First, we wanted a looming threat and a ticking clock - well, while rival adventuring parties are good for putting that stuff into small spaces like dungeons, the Conglomerate is basically the rival adventuring party extrapolated onto a large scale. There is method in their evil - unlike the East India Trading Company, they aren't doing this for profits; this is apparent at all the dig sites they are setting up. The Conglomerate is obviously looking for something and the players will instinctively know (because the Conglomerate are doing it in an evil way) that when they find what they're looking for, shit is going to hit the fan. Looming threat established in an easy-to-understand, minimal exposition way.
Second, we get emergent faction play from their presence too - they are a big enemy, and big enemies unite factions and spawn resistance movements. The Conglomerate's arrival is the core of the power struggle in the area. The raison-d'etre for a few factions, and for unusual alliances, and for betrayals, and exotic mercenary groups, and secret operations... there's just a lot of chaos that something like the Conglomerate causes, and it's great for a mini-sandbox because it allows DMs to generate a TON of NPCs, character motivations, adventure sites, and side-quests. There will be lots of potential for side-missions to slow the Conglomerate down (ambush supply routes, free slaves, assassinate overseers, steal their maps, drive them out of dig sites, etc.), which sets back the ticking clock (something key to Ticking Clock campaigns is the agency for players to buy themselves more time). And it has potential to bring characters to new places, just by virtue of "The Conglomerate is up to something out there".

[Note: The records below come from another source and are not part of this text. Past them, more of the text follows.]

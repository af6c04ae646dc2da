-- ===== src/CriticalSection/Native/Mutexes.antt =====
-- What the code relies on of a pthread_mutex_t of the type PTHREAD_MUTEX_RECURSIVE, which POSIX describes.
use io_base.Base.{
  ℕ, suc, ◌+◌, ◌-◌, ◌==◌, ltb, ◌≤◌, ◌<◌, ◌≡◌, refl, if◌then◌else◌, false, Option, none, some, arith,
}

-- How a call of pthread_mutex_lock or pthread_mutex_trylock by a thread stands: the mutex is locked; another
-- thread has it (EBUSY, or the thread waits); the thread has locked it too often (EAGAIN).
pub data Answer (Mutex : Type 0) : Type 0 where
  acquired : Mutex → Answer Mutex
  busy : Answer Mutex
  refused : Answer Mutex

-- `depth m t` is how often thread `t` has locked the mutex and not unlocked it.
pub record Mutexes : Type 1 where
  pub Mutex : Type 0
  pub init : Mutex
  pub lock : ℕ → Mutex → Answer Mutex
  pub unlock : ℕ → Mutex → Mutex
  pub depth : Mutex → ℕ → ℕ
  pub max_depth : ℕ
  pub init_depth : (t : ℕ) → depth init t ≡ 0
  pub exclusive : (m : Mutex) (t u : ℕ) → 0 < depth m t → 0 < depth m u → t ≡ u
  pub lock_self : (m n : Mutex) (t : ℕ) → lock t m ≡ acquired n → depth n t ≡ suc (depth m t)
  pub lock_other :
      (m n : Mutex) (t u : ℕ) → lock t m ≡ acquired n → (t == u) ≡ false → depth n u ≡ depth m u
  pub lock_busy :
      (m : Mutex) (t : ℕ) → lock t m ≡ busy → (u : ℕ) × ((t == u) ≡ false) × (0 < depth m u)
  pub lock_refused : (m : Mutex) (t : ℕ) → lock t m ≡ refused → max_depth ≤ depth m t
  pub unlock_self : (m : Mutex) (t : ℕ) → 0 < depth m t → suc (depth (unlock t m) t) ≡ depth m t
  pub unlock_other :
      (m : Mutex) (t u : ℕ) → 0 < depth m t → (t == u) ≡ false → depth (unlock t m) u ≡ depth m u

-- A mutex that knows its owner, and how often the owner has locked it again.
abbrev lock_owned : ℕ → Option (ℕ × ℕ) → Answer (Option (ℕ × ℕ))
lock_owned t none = acquired (some (t, 0))
lock_owned t (some (owner, again)) =
    if owner == t
    then (if ltb again 1000 then acquired (some (owner, again + 1)) else refused)
    else busy

abbrev unlock_owned : ℕ → Option (ℕ × ℕ) → Option (ℕ × ℕ)
unlock_owned t none = none
unlock_owned t (some (owner, again)) = if again == 0 then none else some (owner, again - 1)

abbrev depth_owned : Option (ℕ × ℕ) → ℕ → ℕ
depth_owned none t = 0
depth_owned (some (owner, again)) t = if owner == t then suc again else 0

pub owned-exclusive :
    (m : Option (ℕ × ℕ)) (t u : ℕ) → 0 < depth_owned m t → 0 < depth_owned m u → t ≡ u
owned-exclusive none t u a b = elim a [ ]
owned-exclusive (some (owner, again)) t u a b = ground arith

pub lock_owned_self :
    (m n : Option (ℕ × ℕ)) (t : ℕ)
    → lock_owned t m ≡ acquired n
    → depth_owned n t ≡ suc (depth_owned m t)
lock_owned_self none n t e = ground arith
lock_owned_self (some (owner, again)) n t e = ground arith

pub lock_owned-other :
    (m n : Option (ℕ × ℕ)) (t u : ℕ)
    → lock_owned t m ≡ acquired n
    → (t == u) ≡ false
    → depth_owned n u ≡ depth_owned m u
lock_owned-other none n t u e other = ground arith
lock_owned-other (some (owner, again)) n t u e other = ground arith

pub lock_owned-busy :
    (m : Option (ℕ × ℕ)) (t : ℕ)
    → lock_owned t m ≡ busy
    → (u : ℕ) × ((t == u) ≡ false) × (0 < depth_owned m u)
lock_owned-busy none t e = ground arith
lock_owned-busy (some (owner, again)) t e = (owner, ground arith, ground arith)

pub lock_owned-refused :
    (m : Option (ℕ × ℕ)) (t : ℕ) → lock_owned t m ≡ refused → 1000 ≤ depth_owned m t
lock_owned-refused none t e = ground arith
lock_owned-refused (some (owner, again)) t e = ground arith

pub unlock_owned_self :
    (m : Option (ℕ × ℕ)) (t : ℕ)
    → 0 < depth_owned m t
    → suc (depth_owned (unlock_owned t m) t) ≡ depth_owned m t
unlock_owned_self none t h = elim h [ ]
unlock_owned_self (some (owner, again)) t h = ground arith

pub unlock_owned-other :
    (m : Option (ℕ × ℕ)) (t u : ℕ)
    → 0 < depth_owned m t
    → (t == u) ≡ false
    → depth_owned (unlock_owned t m) u ≡ depth_owned m u
unlock_owned-other none t u h other = elim h [ ]
unlock_owned-other (some (owner, again)) t u h other = ground arith

abbrev pub owned : Mutexes
owned = record {
  Mutex = Option (ℕ × ℕ);
  init = none;
  lock = lock_owned;
  unlock = unlock_owned;
  depth = depth_owned;
  max_depth = 1000;
  init_depth = λ t. refl;
  exclusive = owned-exclusive;
  lock_self = lock_owned_self;
  lock_other = lock_owned-other;
  lock_busy = lock_owned-busy;
  lock_refused = lock_owned-refused;
  unlock_self = unlock_owned_self;
  unlock_other = unlock_owned-other;
}
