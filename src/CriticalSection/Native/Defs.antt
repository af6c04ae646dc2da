-- ===== src/CriticalSection/Native/Defs.antt =====
-- The state, where a thread stands in Enter, TryEnter or Leave, and the steps. What a failed ABSL_DCHECK leaves is
-- `none`.
use io_base.Base.{
  ℕ, zero, suc, ◌+◌, ◌==◌, if◌then◌else◌, Bool, ◌&&◌, true, false, Option, none, some, List, [],
  ◌∷◌,
}
use io_base.CriticalSection.Defs.{Call, owned_by, is_leave}
use io_base.CriticalSection.Native.Mutexes.{Mutexes, acquired, busy, refused}
use Call.{enters, tries, leaves}

-- `thread_` is `none` for 0.
pub record Section (Mutex : Type 0) : Type 0 where
  pub mutex_ : Mutex
  pub thread_ : Option ℕ
  pub recursion_count_ : ℕ

-- between n: between calls, with n locks that it has not left. entered n: has locked the mutex once more, before
-- the lines that the checks need. left n: in Leave behind these lines, before the unlock.
pub data Stage : Type 0 where
  between : ℕ → Stage
  entered : ℕ → Stage
  left : ℕ → Stage

abbrev pub is_none : Option ℕ → Bool
is_none none = true
is_none (some x) = false

abbrev pub set_stage : (ℕ → Stage) → ℕ → Stage → ℕ → Stage
set_stage stages self stage other = if self == other then stage else stages other

-- A thread between calls that has no lock to leave.
abbrev pub is_outside : Stage → Bool
is_outside (between zero) = true
is_outside stage = false

module _ (c : Mutexes) where
  open c use {Mutex, init, lock, unlock}

  abbrev pub unlocked : Section Mutex
  unlocked = record { mutex_ = init; thread_ = none; recursion_count_ = 0 }

  abbrev pub current_thread_is_owner : ℕ → Section Mutex → Bool
  current_thread_is_owner self s = owned_by s.thread_ self

  -- The end of Enter and of TryEnter.
  unfoldable pub count_enter : ℕ → Section Mutex → Option (Section Mutex)
  count_enter self s =
      if s.recursion_count_ == 0
      then (if is_none s.thread_
          then some (record s { thread_ = some self; recursion_count_ = s.recursion_count_ + 1 })
          else none)
      else (if current_thread_is_owner self s
          then some (record s { recursion_count_ = s.recursion_count_ + 1 })
          else none)

  -- Leave up to the unlock; a count of 0 becomes negative.
  unfoldable pub count_leave : ℕ → Section Mutex → Option (Section Mutex)
  count_leave self s =
      if current_thread_is_owner self s
      then (elim s.recursion_count_ [
        | zero ↦ none
        | suc count ↦ some (record s {
          recursion_count_ = count;
          thread_ = if count == 0 then none else s.thread_;
        })
      ])
      else none

  -- Enter does not look at what pthread_mutex_lock returns; a thread that waits tries again.
  unfoldable pub enter : ℕ → ℕ → Section Mutex → Stage × Section Mutex
  enter self n s = elim (lock self s.mutex_) [
    | acquired m ↦ (entered n, record s { mutex_ = m })
    | busy ↦ (between n, s)
    | refused ↦ (entered n, s)
  ]

  unfoldable pub try_enter : ℕ → ℕ → Section Mutex → Stage × Section Mutex
  try_enter self n s = elim (lock self s.mutex_) [
    | acquired m ↦ (entered n, record s { mutex_ = m })
    | busy ↦ (between n, s)
    | refused ↦ (between n, s)
  ]

  unfoldable pub to : Stage → Option (Section Mutex) → Option (Stage × Section Mutex)
  to stage none = none
  to stage (some s) = some (stage, s)

  -- The next step of thread `self`. Leave checks that the thread owns the lock.
  unfoldable pub advance : ℕ → Call → Stage → Section Mutex → Option (Stage × Section Mutex)
  unfolding enter try_enter count_enter count_leave to
  advance self enters (between n) s = some (enter self n s)
  advance self tries (between n) s = some (try_enter self n s)
  advance self leaves (between zero) s = to (left zero) (count_leave self s)
  advance self leaves (between (suc n)) s = to (left n) (count_leave self s)
  advance self call (entered n) s = to (between (suc n)) (count_enter self s)
  advance self call (left n) s = some (between n, record s { mutex_ = unlock self s.mutex_ })

  -- An interleaving: which thread steps, and what it calls if it is between calls.
  unfoldable pub run :
      List (ℕ × Call) → (ℕ → Stage) → Section Mutex → Option ((ℕ → Stage) × Section Mutex)
  unfolding advance
  run [] stages s = some (stages, s)
  run ((self, call) ∷ rest) stages s = elim (advance self call (stages self) s) [
    | none ↦ none
    | some (stage, t) ↦ run rest (set_stage stages self stage) t
  ]

  -- In this interleaving a thread calls Leave only when it has the lock.
  unfoldable pub leaves_own : List (ℕ × Call) → (ℕ → Stage) → Section Mutex → Bool
  unfolding advance
  leaves_own [] stages s = true
  leaves_own ((self, call) ∷ rest) stages s =
      let later : Bool = elim (advance self call (stages self) s) [
        | none ↦ true
        | some (stage, t) ↦ leaves_own rest (set_stage stages self stage) t
      ] in
      if is_leave call && is_outside (stages self) then false else later
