-- ===== src/CriticalSection/Native.antt =====
-- RecursiveCriticalSection (recursive_critical_section.h, recursive_critical_section.cc), the implementation
-- on a recursive mutex of pthreads, built with BASE_DCHECK_IS_ON.
pub mod Mutexes
mod Defs
mod Sound
mod Steps
pub mod Checks
mod Tests
unfoldable pub use Defs.*
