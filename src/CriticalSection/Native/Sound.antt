-- ===== src/CriticalSection/Native/Sound.antt =====
-- The invariant, and what a step of the thread with the lock keeps of it.
use mathlib.Core.Path.{fun_ext}
use io_base.Base.{
  ℕ, zero, suc, ◌==◌, ◌≤◌, ◌<◌, ◌≡◌, refl, sym, ap, ◌∙◌, if◌then◌else◌, true, false, none, some,
  inl, inr, Bool-cases, ==_iff, dec_lt, arith,
}
use io_base.CriticalSection.Native.Mutexes.{Mutexes, Answer, acquired, busy, refused}
use io_base.CriticalSection.Native.Defs.{
  Section, Stage, between, entered, left, count_enter, count_leave, set_stage,
}

-- How often a thread has locked the mutex, and how often of that the count says it.
abbrev pub held : Stage → ℕ
held (between n) = n
held (entered n) = suc n
held (left n) = suc n

abbrev pub counted : Stage → ℕ
counted (between n) = n
counted (entered n) = n
counted (left n) = n

pub set_stage_self :
    (self : ℕ) (stages : ℕ → Stage) (stage : Stage)
    → stages self ≡ stage
    → set_stage stages self stage ≡ stages
set_stage_self self stages stage at = fun_ext λ u. elim (Bool-cases (self == u)) [
  | inl eq ↦ rw eq (sym at ∙ ap stages ((==_iff self u).0 eq))
  | inr other ↦ rw other refl
]

pub data Cases {M : Type 0} (answer : Answer M) : Type 0 where
  locks : (m : M) → answer ≡ acquired m → Cases answer
  waits : answer ≡ busy → Cases answer
  refuses : answer ≡ refused → Cases answer

pub Answer-cases : {M : Type 0} (answer : Answer M) → Cases answer
Answer-cases (acquired m) = locks m refl
Answer-cases busy = waits refl
Answer-cases refused = refuses refl

-- Of the threads at a lock.
module _ {M : Type 0} (stages : ℕ → Stage) (s : Section M) where
  -- The lock has one thread at most; `recursion_count_` and `thread_` say how often it is in, and which it is.
  pub record IsExact : Type 0 where
    pub one : (t u : ℕ) → 0 < held (stages t) → 0 < held (stages u) → t ≡ u
    pub count : (t : ℕ) → 0 < held (stages t) → s.recursion_count_ ≡ counted (stages t)
    pub owner :
        (t : ℕ)
        → 0 < held (stages t)
        → s.thread_ ≡ (if counted (stages t) == 0 then none else some t)
    pub free : ((t : ℕ) → held (stages t) ≡ 0) → (s.thread_ ≡ none) × (s.recursion_count_ ≡ 0)

module _ (c : Mutexes) where
  open c use {
    Mutex, init, lock, unlock, depth, max_depth, init_depth, exclusive, lock_self, lock_other,
    lock_refused, unlock_self, unlock_other,
  }

  -- After `k` steps.
  pub record IsSound (k : ℕ) (stages : ℕ → Stage) (s : Section Mutex) : Type 0 where
    pub depths : (t : ℕ) → depth s.mutex_ t ≡ held (stages t)
    pub bounded : (t : ℕ) → held (stages t) ≤ k
    pub exact : IsExact stages s

  -- What holds of the thread that has the lock.
  pub record Agrees (self : ℕ) (stage : Stage) (s : Section Mutex) : Type 0 where
    pub here : depth s.mutex_ self ≡ held stage
    pub count_here : s.recursion_count_ ≡ counted stage
    pub owner_here : s.thread_ ≡ (if counted stage == 0 then none else some self)

  pub count_enter_lem :
      (self n : ℕ) (s : Section Mutex)
      → s.recursion_count_ ≡ n
      → s.thread_ ≡ (if n == 0 then none else some self)
      → count_enter c self s ≡ some (record s { thread_ = some self; recursion_count_ = suc n })
  unfolding count_enter
  count_enter_lem self zero s count owner = ground (arith, count, owner)
  count_enter_lem self (suc n) s count owner = ground (arith, count, owner)

  pub count_leave_lem :
      (self n : ℕ) (s : Section Mutex)
      → s.recursion_count_ ≡ suc n
      → s.thread_ ≡ some self
      → count_leave c self s
        ≡ some (record s { thread_ = if n == 0 then none else some self; recursion_count_ = n })
  unfolding count_leave
  count_leave_lem self n s count owner = ground (arith, count, owner)

  pub not_held : (m : Mutex) (t u : ℕ) → 0 < depth m t → (t == u) ≡ false → depth m u ≡ 0
  not_held m t u has other = elim (dec_lt 0 (depth m u)) [
    | yes both ↦ let same = exclusive m t u has both in absurd (ground (arith, same, other))
    | no none_left ↦ omega arith
  ]

  left_free :
      (self : ℕ) (stage : Stage) (t : Section Mutex)
      → Agrees self stage t
      → held stage ≡ 0
      → (t.thread_ ≡ none) × (t.recursion_count_ ≡ 0)
  left_free self (between n) t agrees e = ground (arith, agrees.count_here, agrees.owner_here, e)
  left_free self (entered n) t agrees e = absurd (omega (arith, e))
  left_free self (left n) t agrees e = absurd (omega (arith, e))

  module _ (self k : ℕ) (stages : ℕ → Stage) (stage : Stage) (s t : Section Mutex) where
    unfoldable pub after : ℕ → Stage
    after = set_stage stages self stage

    at_self : (u : ℕ) → (self == u) ≡ true → after u ≡ stage
    unfolding after
    at_self u same = rw same refl

    at_others : (u : ℕ) → (self == u) ≡ false → after u ≡ stages u
    unfolding after
    at_others u other = rw other refl

    at_zero : held (after self) ≡ 0 → held stage ≡ 0
    unfolding after
    at_zero h = ground (arith, h)

    -- A step of a thread that has the lock, before or after it.
    module _ (sound : IsSound k stages s)
        (alone : (u : ℕ) → (self == u) ≡ false → depth s.mutex_ u ≡ 0)
        (same : (u : ℕ) → (self == u) ≡ false → depth t.mutex_ u ≡ depth s.mutex_ u)
        (bound : held stage ≤ suc k) (agrees : Agrees self stage t) where
      depths_after : (u : ℕ) → depth t.mutex_ u ≡ held (after u)
      depths_after u = elim (Bool-cases (self == u)) [
        | inl eq ↦ rw (at_self u eq, sym ((==_iff self u).0 eq)) agrees.here
        | inr other ↦ rw (at_others u other, same u other) (sound.depths u)
      ]

      is_self : (u : ℕ) → 0 < held (after u) → (self == u) ≡ true
      is_self u has = elim (Bool-cases (self == u)) [
        | inl eq ↦ eq
        | inr other ↦ absurd (omega (arith, has, depths_after u, same u other, alone u other))
      ]

      pub holder_step : IsSound (suc k) after t
      holder_step = record {
        depths = depths_after;
        bounded = λ u. elim (Bool-cases (self == u)) [
          | inl eq ↦ rw (at_self u eq) bound
          | inr other ↦ rw (at_others u other) (omega (arith, sound.bounded u))
        ];
        exact = record {
          one = λ u v has_u has_v.
              sym ((==_iff self u).0 (is_self u has_u)) ∙ (==_iff self v).0 (is_self v has_v);
          count = λ u has. rw (at_self u (is_self u has)) agrees.count_here;
          owner = λ u has.
              rw (at_self u (is_self u has), sym ((==_iff self u).0 (is_self u has)))
                agrees.owner_here;
          free = λ all. left_free self stage t agrees (at_zero (all self));
        };
      }
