-- ===== src/CriticalSection/Native/Steps.antt =====
-- Each step of Enter, TryEnter and Leave keeps the invariant and passes its checks.
use io_base.Base.{
  ℕ, zero, suc, ◌==◌, ◌<◌, ◌≡◌, refl, sym, ap, subst, ◌∙◌, if◌then◌else◌, false, ◌&&◌, Option, none,
  some, inl, inr, Bool-cases, ==_iff, dec_lt, arith,
}
use io_base.CriticalSection.Defs.{Call, is_leave}
use io_base.CriticalSection.Native.Mutexes.{Mutexes, acquired, refused}
use io_base.CriticalSection.Native.Defs.{
  Section, Stage, between, entered, left, count_enter, count_leave, enter, try_enter, to, advance,
  set_stage, is_outside,
}
use Call.{enters, tries, leaves}
use io_base.CriticalSection.Native.Sound.{
  held, counted, set_stage_self, locks, waits, refuses, Answer-cases, IsSound, Agrees,
  count_enter_lem, count_leave_lem, not_held, after, holder_step,
}

module _ (c : Mutexes) where
  open c use {
    Mutex, init, lock, unlock, depth, max_depth, init_depth, exclusive, lock_self, lock_other,
    lock_refused, unlock_self, unlock_other,
  }

  module _ (self k : ℕ) (stages : ℕ → Stage) (s : Section Mutex)
      (sound : IsSound c k stages s) where
    -- A step that leaves all as it is.
    idle_step :
        (stage : Stage) → stages self ≡ stage → IsSound c (suc k) (set_stage stages self stage) s
    idle_step stage at =
        subst (λ all. IsSound c (suc k) all s) (sym (set_stage_self self stages stage at))
          (record {
            depths = sound.depths;
            bounded = λ t. omega (arith, sound.bounded t);
            exact = sound.exact;
          })

    Agrees-now : (stage : Stage) → stages self ≡ stage → 0 < held stage → Agrees c self stage s
    Agrees-now stage at has =
        let has' : 0 < held (stages self) = rw at has in
        record {
          here = sound.depths self ∙ ap held at;
          count_here = sound.exact.count self has' ∙ ap counted at;
          owner_here =
              sound.exact.owner self has'
              ∙ ap (λ (x : Stage). if counted x == 0 then none else some self) at;
        }

    held_now : (stage : Stage) → stages self ≡ stage → depth s.mutex_ self ≡ held stage
    held_now stage at = sound.depths self ∙ ap held at

    deep_enough :
        (n : ℕ) → stages self ≡ between n → lock self s.mutex_ ≡ refused → k < max_depth → ⊥
    deep_enough n at e room =
        omega (arith, lock_refused s.mutex_ self e, sound.bounded self, sound.depths self)

    -- A thread that locks the mutex.
    module _ (n : ℕ) (m : Mutex) (at : stages self ≡ between n)
        (e : lock self s.mutex_ ≡ acquired m) where
      holds : depth m self ≡ suc n
      holds = lock_self s.mutex_ m self e ∙ ap suc (held_now (between n) at)

      others_out : (u : ℕ) → (self == u) ≡ false → depth s.mutex_ u ≡ 0
      others_out u other =
          sym (lock_other s.mutex_ m self u e other)
          ∙ not_held c m self u (omega (arith, holds)) other

      agrees_free : n ≡ 0 → (s.thread_ ≡ none) × (s.recursion_count_ ≡ 0)
      agrees_free zero_n = sound.exact.free λ u. elim (Bool-cases (self == u)) [
        | inl eq ↦ rw (sym ((==_iff self u).0 eq)) (ap held at ∙ zero_n)
        | inr other ↦ sym (sound.depths u) ∙ others_out u other
      ]

      Agrees-locked : Agrees c self (entered n) (record s { mutex_ = m })
      Agrees-locked = elim (dec_lt 0 n) [
        | yes some_locks ↦
            let now = Agrees-now (between n) at some_locks in
            record { here = holds; count_here = now.count_here; owner_here = now.owner_here }
        | no no_locks ↦
            let zero_n : n ≡ 0 = omega arith in
            let (nobody, nothing) = agrees_free zero_n in
            record {
              here = holds;
              count_here = nothing ∙ sym zero_n;
              owner_here = rw zero_n nobody;
            }
      ]

      lock_step : IsSound c (suc k) (set_stage stages self (entered n)) (record s { mutex_ = m })
      unfolding after
      lock_step =
          holder_step c self k stages (entered n) s (record s { mutex_ = m }) sound others_out
            (λ u other. lock_other s.mutex_ m self u e other)
            (omega (arith, sound.bounded self, sound.depths self, held_now (between n) at))
            Agrees-locked

    -- A step of the thread that has the lock and leaves the mutex as it is.
    counting_step :
        (before stage : Stage) (t : Section Mutex)
        → stages self ≡ before
        → 0 < held before
        → t.mutex_ ≡ s.mutex_
        → held stage ≡ held before
        → t.recursion_count_ ≡ counted stage
        → t.thread_ ≡ (if counted stage == 0 then none else some self)
        → IsSound c (suc k) (set_stage stages self stage) t
    unfolding after
    counting_step before stage t at has same_mutex same_held count owner =
        let depth_now = held_now before at in
        holder_step c self k stages stage s t sound
          (λ u other. not_held c s.mutex_ self u (omega (arith, depth_now)) other)
          (λ u other. ap (λ m. depth m u) same_mutex)
          (omega (arith, sound.bounded self, sound.depths self, depth_now))
          (record {
            here = ap (λ m. depth m self) same_mutex ∙ depth_now ∙ sym same_held;
            count_here = count;
            owner_here = owner;
          })

    unlock_step :
        (n : ℕ)
        → stages self ≡ left n
        → IsSound c
            (suc k)
            (set_stage stages self (between n))
            (record s { mutex_ = unlock self s.mutex_ })
    unfolding after
    unlock_step n at =
        let has : 0 < depth s.mutex_ self = omega (arith, held_now (left n) at) in
        let now = Agrees-now (left n) at (omega arith) in
        holder_step c self k stages (between n) s (record s { mutex_ = unlock self s.mutex_ }) sound
          (λ u other. not_held c s.mutex_ self u has other)
          (λ u other. unlock_other s.mutex_ self u has other)
          (omega (arith, sound.bounded self, sound.depths self, held_now (left n) at))
          (record {
            here = omega (arith, unlock_self s.mutex_ self has, held_now (left n) at);
            count_here = now.count_here;
            owner_here = now.owner_here;
          })

    -- The step succeeds, and leaves what holds before it.
    unfoldable pub Goes : Option (Stage × Section Mutex) → Type 0
    Goes result =
        (next : Stage × Section Mutex) × (result ≡ some next)
        × IsSound c (suc k) (set_stage stages self next.0) next.1

    count_enter-Goes :
        (n : ℕ) → stages self ≡ entered n → Goes (to c (between (suc n)) (count_enter c self s))
    unfolding Goes to
    count_enter-Goes n at =
        let now = Agrees-now (entered n) at (omega arith) in
        let t = record s { thread_ = some self; recursion_count_ = suc n } in
        (
          (between (suc n), t),
          ap (to c (between (suc n))) (count_enter_lem c self n s now.count_here now.owner_here),
          counting_step (entered n) (between (suc n)) t at (omega arith) refl refl refl
              (ground arith),
        )

    count_leave-Goes :
        (n : ℕ) → stages self ≡ between (suc n) → Goes (to c (left n) (count_leave c self s))
    unfolding Goes to
    count_leave-Goes n at =
        let now = Agrees-now (between (suc n)) at (omega arith) in
        let t = record s { thread_ = if n == 0 then none else some self; recursion_count_ = n } in
        (
          (left n, t),
          ap (to c (left n))
              (count_leave_lem c self n s now.count_here (now.owner_here ∙ ground arith)),
          counting_step (between (suc n)) (left n) t at (omega arith) refl refl refl refl,
        )

    enter-Goes : (n : ℕ) → k < max_depth → stages self ≡ between n → Goes (some (enter c self n s))
    unfolding Goes enter
    enter-Goes n room at = elim (Answer-cases (lock self s.mutex_)) [
      | locks m e ↦ ((entered n, record s { mutex_ = m }), rw (e, enter), lock_step n m at e)
      | waits e ↦ ((between n, s), rw (e, enter), idle_step (between n) at)
      | refuses e ↦ absurd (deep_enough n at e room)
    ]

    try_enter-Goes : (n : ℕ) → stages self ≡ between n → Goes (some (try_enter c self n s))
    unfolding Goes try_enter
    try_enter-Goes n at = elim (Answer-cases (lock self s.mutex_)) [
      | locks m e ↦ ((entered n, record s { mutex_ = m }), rw (e, try_enter), lock_step n m at e)
      | waits e ↦ ((between n, s), rw (e, try_enter), idle_step (between n) at)
      | refuses e ↦ ((between n, s), rw (e, try_enter), idle_step (between n) at)
    ]

    pub advance-Goes :
        (call : Call) (stage : Stage)
        → k < max_depth
        → stages self ≡ stage
        → is_leave call && is_outside stage ≡ false
        → Goes (advance c self call stage s)
    unfolding advance Goes
    advance-Goes enters (between n) room at own = enter-Goes n room at
    advance-Goes tries (between n) room at own = try_enter-Goes n at
    advance-Goes leaves (between zero) room at own = absurd (ground (arith, own))
    advance-Goes leaves (between (suc n)) room at own = count_leave-Goes n at
    advance-Goes call (entered n) room at own = count_enter-Goes n at
    advance-Goes call (left n) room at own =
        ((between n, record s { mutex_ = unlock self s.mutex_ }), refl, unlock_step n at)
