-- ===== src/CriticalSection/Native/Checks.antt =====
-- The checks of Enter, TryEnter and Leave: that none of them fails.
use io_base.CriticalSection.Native.Mutexes.{Mutexes}
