-- ===== src/CriticalSection/Native/Tests.antt =====
-- Two threads at a lock, one of which enters twice.
use mathlib.Core.Option
use io_base.Base.{ℕ, ◌≡◌, refl, Option, none, some, List, [], ◌∷◌}
use io_base.CriticalSection.Defs.{Call}
use io_base.CriticalSection.Native.Mutexes.{owned}
use io_base.CriticalSection.Native.Defs.{Section, Stage, between, unlocked, run}
use Call.{enters, tries, leaves}

-- Thread 1 enters twice, thread 2 tries in vain, thread 1 leaves twice, and thread 2 enters.
abbrev schedule : List (ℕ × Call)
schedule =
    (1, enters)
    ∷ (1, enters)
    ∷ (1, tries)
    ∷ (2, tries)
    ∷ (1, tries)
    ∷ (1, leaves)
    ∷ (1, leaves)
    ∷ (2, enters)
    ∷ (1, leaves)
    ∷ (1, leaves)
    ∷ (2, enters)
    ∷ (2, enters)
    ∷ []

schedule_count :
    Option.map {B = Stage × Option ℕ × ℕ}
      (λ (end : (ℕ → Stage) × Section (Option (ℕ × ℕ))).
        (end.0 2, end.1.thread_, end.1.recursion_count_))
      (run owned schedule (λ t. between 0) (unlocked owned))
    ≡ some (between 1, some 2, 1)
unfolding run
schedule_count = refl

-- A Leave without the lock fails its check.
stray_leave : run owned ((2, leaves) ∷ []) (λ t. between 0) (unlocked owned) ≡ none
unfolding run
stray_leave = refl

Third, the Conglomerate provides real-time advancement for changes in the world (which we've identified as something we all want). Players fail a mission? Well, now the slavers are stronger and move to enslave a friendly settlement, or have better gear next time, or they've allowed the Conglomerate to get closer to finding The Big Bad Thing. A key NPC is killed in a slavery raid. A resistance cell is captured and executed. An unguarded vault is locked down. Players beat a mission? Now they've freed an area of Conglomerate patrols, or endeared themselves to a particularly stubborn faction, or made their fights against Conglomerate guards easier. The frogmen village re-opens its doors. A huge beast no longer fears to patrol the skies. A mass exodus of freed slaves migrates across the area. And so on. It's like the Chaos Index in a few products - we can track changes to the region and spawn events based off how well the players thwart/are thwarted by the Conglomerate.
Four, because they are made up of individuals, members of the Conglomerate have potential to be bargained with, reasoned with, turncoat double-agent infiltration stuff. Alpha Squad hates Bravo Squad, so maybe the party dresses up as Bravo Squad and attacks them to get them to wipe each other out. Or maybe if they wipe out Bravo Squad, Alpha Squad is willing to negotiate for the release of an important slave, or turn a blind eye to the party entering a dig site, or give the party a bit of info on Charlie Squad, etc. My point is that there's room for two sides of faction play here: with the groups outside of the Conglomerate, and with the groups inside.
Anywhoo, if not the Conglomerate (and we can re-think the name, if that's the problem; "Empire of the Setting Sun", " Grand Confederation", " or some ironic name like "Hands of the Free People"), then we should at least consider the idea of the big bad faction that everyone rallies against, because it's so insanely versatile yet easy for player's to grasp.